SOURCE RECORDS:
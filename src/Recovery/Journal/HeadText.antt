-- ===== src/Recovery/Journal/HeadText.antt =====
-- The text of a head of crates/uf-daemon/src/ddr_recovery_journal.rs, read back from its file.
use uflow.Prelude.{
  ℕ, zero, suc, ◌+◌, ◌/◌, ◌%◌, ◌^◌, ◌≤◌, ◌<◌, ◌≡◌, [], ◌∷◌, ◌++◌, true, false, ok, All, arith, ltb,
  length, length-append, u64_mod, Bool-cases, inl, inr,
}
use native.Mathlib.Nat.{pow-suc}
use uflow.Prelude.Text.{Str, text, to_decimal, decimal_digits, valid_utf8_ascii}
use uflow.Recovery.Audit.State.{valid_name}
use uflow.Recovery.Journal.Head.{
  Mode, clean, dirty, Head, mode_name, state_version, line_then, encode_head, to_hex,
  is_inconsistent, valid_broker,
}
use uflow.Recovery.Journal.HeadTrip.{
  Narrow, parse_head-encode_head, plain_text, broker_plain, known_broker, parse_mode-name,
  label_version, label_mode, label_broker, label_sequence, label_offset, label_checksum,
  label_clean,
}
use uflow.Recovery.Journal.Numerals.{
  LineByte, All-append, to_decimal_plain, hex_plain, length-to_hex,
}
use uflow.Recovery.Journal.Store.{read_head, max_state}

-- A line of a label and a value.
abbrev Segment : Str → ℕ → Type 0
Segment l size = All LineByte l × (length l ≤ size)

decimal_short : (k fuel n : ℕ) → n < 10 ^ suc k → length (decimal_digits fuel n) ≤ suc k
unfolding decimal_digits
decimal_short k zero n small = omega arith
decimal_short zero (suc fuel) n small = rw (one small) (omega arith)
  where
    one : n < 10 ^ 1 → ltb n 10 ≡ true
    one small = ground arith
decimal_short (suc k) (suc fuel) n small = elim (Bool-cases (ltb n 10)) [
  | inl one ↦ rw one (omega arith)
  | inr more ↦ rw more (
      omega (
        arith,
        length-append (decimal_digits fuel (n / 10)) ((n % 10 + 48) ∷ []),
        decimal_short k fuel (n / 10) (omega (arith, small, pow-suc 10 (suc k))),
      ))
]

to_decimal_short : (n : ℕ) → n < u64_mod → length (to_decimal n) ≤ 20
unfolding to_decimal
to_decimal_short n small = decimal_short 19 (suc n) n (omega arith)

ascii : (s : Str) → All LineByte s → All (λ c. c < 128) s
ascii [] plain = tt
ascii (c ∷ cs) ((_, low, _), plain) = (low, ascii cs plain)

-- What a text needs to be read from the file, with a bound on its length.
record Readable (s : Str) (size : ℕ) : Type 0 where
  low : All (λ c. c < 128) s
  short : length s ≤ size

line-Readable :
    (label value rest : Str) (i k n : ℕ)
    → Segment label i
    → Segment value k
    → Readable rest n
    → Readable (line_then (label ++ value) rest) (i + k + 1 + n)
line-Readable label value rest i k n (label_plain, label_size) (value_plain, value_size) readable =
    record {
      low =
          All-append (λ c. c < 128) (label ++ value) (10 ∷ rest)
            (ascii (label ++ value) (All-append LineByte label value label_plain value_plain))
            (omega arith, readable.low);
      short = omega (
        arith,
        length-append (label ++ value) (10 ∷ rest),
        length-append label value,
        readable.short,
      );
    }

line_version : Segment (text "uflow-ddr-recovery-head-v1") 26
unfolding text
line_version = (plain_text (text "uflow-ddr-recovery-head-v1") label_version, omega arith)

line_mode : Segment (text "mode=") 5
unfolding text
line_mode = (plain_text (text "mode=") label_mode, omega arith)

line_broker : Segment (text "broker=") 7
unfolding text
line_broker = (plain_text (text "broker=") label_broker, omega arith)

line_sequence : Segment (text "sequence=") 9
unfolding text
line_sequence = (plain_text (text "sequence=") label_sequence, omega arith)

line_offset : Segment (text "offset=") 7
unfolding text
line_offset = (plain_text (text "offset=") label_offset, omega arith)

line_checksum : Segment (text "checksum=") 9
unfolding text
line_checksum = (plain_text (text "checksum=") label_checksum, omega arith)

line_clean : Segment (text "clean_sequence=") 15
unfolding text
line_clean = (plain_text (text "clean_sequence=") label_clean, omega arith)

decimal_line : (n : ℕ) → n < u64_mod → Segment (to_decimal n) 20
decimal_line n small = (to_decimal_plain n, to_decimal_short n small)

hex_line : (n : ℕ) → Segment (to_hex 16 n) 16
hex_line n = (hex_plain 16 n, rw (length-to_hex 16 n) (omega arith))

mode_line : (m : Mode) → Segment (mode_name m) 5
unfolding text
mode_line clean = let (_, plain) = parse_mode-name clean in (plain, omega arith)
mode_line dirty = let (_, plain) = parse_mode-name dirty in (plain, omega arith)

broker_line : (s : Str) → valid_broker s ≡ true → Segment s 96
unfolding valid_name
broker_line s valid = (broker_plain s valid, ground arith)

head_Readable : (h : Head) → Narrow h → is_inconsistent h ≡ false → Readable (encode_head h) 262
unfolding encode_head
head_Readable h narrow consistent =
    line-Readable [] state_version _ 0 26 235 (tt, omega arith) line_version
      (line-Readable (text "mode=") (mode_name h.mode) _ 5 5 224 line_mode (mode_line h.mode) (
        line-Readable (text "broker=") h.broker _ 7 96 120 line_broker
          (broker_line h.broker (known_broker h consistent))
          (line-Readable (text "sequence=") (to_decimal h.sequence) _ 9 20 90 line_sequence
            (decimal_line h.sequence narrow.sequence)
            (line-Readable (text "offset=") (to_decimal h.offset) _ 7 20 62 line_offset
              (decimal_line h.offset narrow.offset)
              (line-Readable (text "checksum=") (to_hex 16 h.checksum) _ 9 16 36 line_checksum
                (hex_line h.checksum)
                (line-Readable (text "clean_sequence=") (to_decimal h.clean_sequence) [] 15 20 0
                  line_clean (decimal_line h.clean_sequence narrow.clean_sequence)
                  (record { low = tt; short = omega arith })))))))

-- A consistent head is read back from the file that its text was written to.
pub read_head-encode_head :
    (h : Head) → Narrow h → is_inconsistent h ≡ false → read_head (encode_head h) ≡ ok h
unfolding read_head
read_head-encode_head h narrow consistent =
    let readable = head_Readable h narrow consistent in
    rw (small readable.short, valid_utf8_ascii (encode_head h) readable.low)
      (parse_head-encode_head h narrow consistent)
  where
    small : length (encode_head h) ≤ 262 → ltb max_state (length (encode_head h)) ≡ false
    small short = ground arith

TRY IT: Retype all the records above without changing a word.

SOLUTION TO THIS EXERCISE:
filename src/Recovery/Journal/HeadText.antt
-- ===== src/Recovery/Journal/HeadText.antt =====
-- The text of a head of crates/uf-daemon/src/ddr_recovery_journal.rs, read back from its file.
use uflow.Prelude.{
  ℕ, zero, suc, ◌+◌, ◌/◌, ◌%◌, ◌^◌, ◌≤◌, ◌<◌, ◌≡◌, [], ◌∷◌, ◌++◌, true, false, ok, All, arith, ltb,
  length, length-append, u64_mod, Bool-cases, inl, inr,
}
use native.Mathlib.Nat.{pow-suc}
use uflow.Prelude.Text.{Str, text, to_decimal, decimal_digits, valid_utf8_ascii}
use uflow.Recovery.Audit.State.{valid_name}
use uflow.Recovery.Journal.Head.{
  Mode, clean, dirty, Head, mode_name, state_version, line_then, encode_head, to_hex,
  is_inconsistent, valid_broker,
}
use uflow.Recovery.Journal.HeadTrip.{
  Narrow, parse_head-encode_head, plain_text, broker_plain, known_broker, parse_mode-name,
  label_version, label_mode, label_broker, label_sequence, label_offset, label_checksum,
  label_clean,
}
use uflow.Recovery.Journal.Numerals.{
  LineByte, All-append, to_decimal_plain, hex_plain, length-to_hex,
}
use uflow.Recovery.Journal.Store.{read_head, max_state}

-- A line of a label and a value.
abbrev Segment : Str → ℕ → Type 0
Segment l size = All LineByte l × (length l ≤ size)

decimal_short : (k fuel n : ℕ) → n < 10 ^ suc k → length (decimal_digits fuel n) ≤ suc k
unfolding decimal_digits
decimal_short k zero n small = omega arith
decimal_short zero (suc fuel) n small = rw (one small) (omega arith)
  where
    one : n < 10 ^ 1 → ltb n 10 ≡ true
    one small = ground arith
decimal_short (suc k) (suc fuel) n small = elim (Bool-cases (ltb n 10)) [
  | inl one ↦ rw one (omega arith)
  | inr more ↦ rw more (
      omega (
        arith,
        length-append (decimal_digits fuel (n / 10)) ((n % 10 + 48) ∷ []),
        decimal_short k fuel (n / 10) (omega (arith, small, pow-suc 10 (suc k))),
      ))
]

to_decimal_short : (n : ℕ) → n < u64_mod → length (to_decimal n) ≤ 20
unfolding to_decimal
to_decimal_short n small = decimal_short 19 (suc n) n (omega arith)

ascii : (s : Str) → All LineByte s → All (λ c. c < 128) s
ascii [] plain = tt
ascii (c ∷ cs) ((_, low, _), plain) = (low, ascii cs plain)

-- What a text needs to be read from the file, with a bound on its length.
record Readable (s : Str) (size : ℕ) : Type 0 where
  low : All (λ c. c < 128) s
  short : length s ≤ size

line-Readable :
    (label value rest : Str) (i k n : ℕ)
    → Segment label i
    → Segment value k
    → Readable rest n
    → Readable (line_then (label ++ value) rest) (i + k + 1 + n)
line-Readable label value rest i k n (label_plain, label_size) (value_plain, value_size) readable =
    record {
      low =
          All-append (λ c. c < 128) (label ++ value) (10 ∷ rest)
            (ascii (label ++ value) (All-append LineByte label value label_plain value_plain))
            (omega arith, readable.low);
      short = omega (
        arith,
        length-append (label ++ value) (10 ∷ rest),
        length-append label value,
        readable.short,
      );
    }

line_version : Segment (text "uflow-ddr-recovery-head-v1") 26
unfolding text
line_version = (plain_text (text "uflow-ddr-recovery-head-v1") label_version, omega arith)

line_mode : Segment (text "mode=") 5
unfolding text
line_mode = (plain_text (text "mode=") label_mode, omega arith)

line_broker : Segment (text "broker=") 7
unfolding text
line_broker = (plain_text (text "broker=") label_broker, omega arith)

line_sequence : Segment (text "sequence=") 9
unfolding text
line_sequence = (plain_text (text "sequence=") label_sequence, omega arith)

line_offset : Segment (text "offset=") 7
unfolding text
line_offset = (plain_text (text "offset=") label_offset, omega arith)

line_checksum : Segment (text "checksum=") 9
unfolding text
line_checksum = (plain_text (text "checksum=") label_checksum, omega arith)

line_clean : Segment (text "clean_sequence=") 15
unfolding text
line_clean = (plain_text (text "clean_sequence=") label_clean, omega arith)

decimal_line : (n : ℕ) → n < u64_mod → Segment (to_decimal n) 20
decimal_line n small = (to_decimal_plain n, to_decimal_short n small)

hex_line : (n : ℕ) → Segment (to_hex 16 n) 16
hex_line n = (hex_plain 16 n, rw (length-to_hex 16 n) (omega arith))

mode_line : (m : Mode) → Segment (mode_name m) 5
unfolding text
mode_line clean = let (_, plain) = parse_mode-name clean in (plain, omega arith)
mode_line dirty = let (_, plain) = parse_mode-name dirty in (plain, omega arith)

broker_line : (s : Str) → valid_broker s ≡ true → Segment s 96
unfolding valid_name
broker_line s valid = (broker_plain s valid, ground arith)

head_Readable : (h : Head) → Narrow h → is_inconsistent h ≡ false → Readable (encode_head h) 262
unfolding encode_head
head_Readable h narrow consistent =
    line-Readable [] state_version _ 0 26 235 (tt, omega arith) line_version
      (line-Readable (text "mode=") (mode_name h.mode) _ 5 5 224 line_mode (mode_line h.mode) (
        line-Readable (text "broker=") h.broker _ 7 96 120 line_broker
          (broker_line h.broker (known_broker h consistent))
          (line-Readable (text "sequence=") (to_decimal h.sequence) _ 9 20 90 line_sequence
            (decimal_line h.sequence narrow.sequence)
            (line-Readable (text "offset=") (to_decimal h.offset) _ 7 20 62 line_offset
              (decimal_line h.offset narrow.offset)
              (line-Readable (text "checksum=") (to_hex 16 h.checksum) _ 9 16 36 line_checksum
                (hex_line h.checksum)
                (line-Readable (text "clean_sequence=") (to_decimal h.clean_sequence) [] 15 20 0
                  line_clean (decimal_line h.clean_sequence narrow.clean_sequence)
                  (record { low = tt; short = omega arith })))))))

-- A consistent head is read back from the file that its text was written to.
pub read_head-encode_head :
    (h : Head) → Narrow h → is_inconsistent h ≡ false → read_head (encode_head h) ≡ ok h
unfolding read_head
read_head-encode_head h narrow consistent =
    let readable = head_Readable h narrow consistent in
    rw (small readable.short, valid_utf8_ascii (encode_head h) readable.low)
      (parse_head-encode_head h narrow consistent)
  where
    small : length (encode_head h) ≤ 262 → ltb max_state (length (encode_head h)) ≡ false
    small short = ground arith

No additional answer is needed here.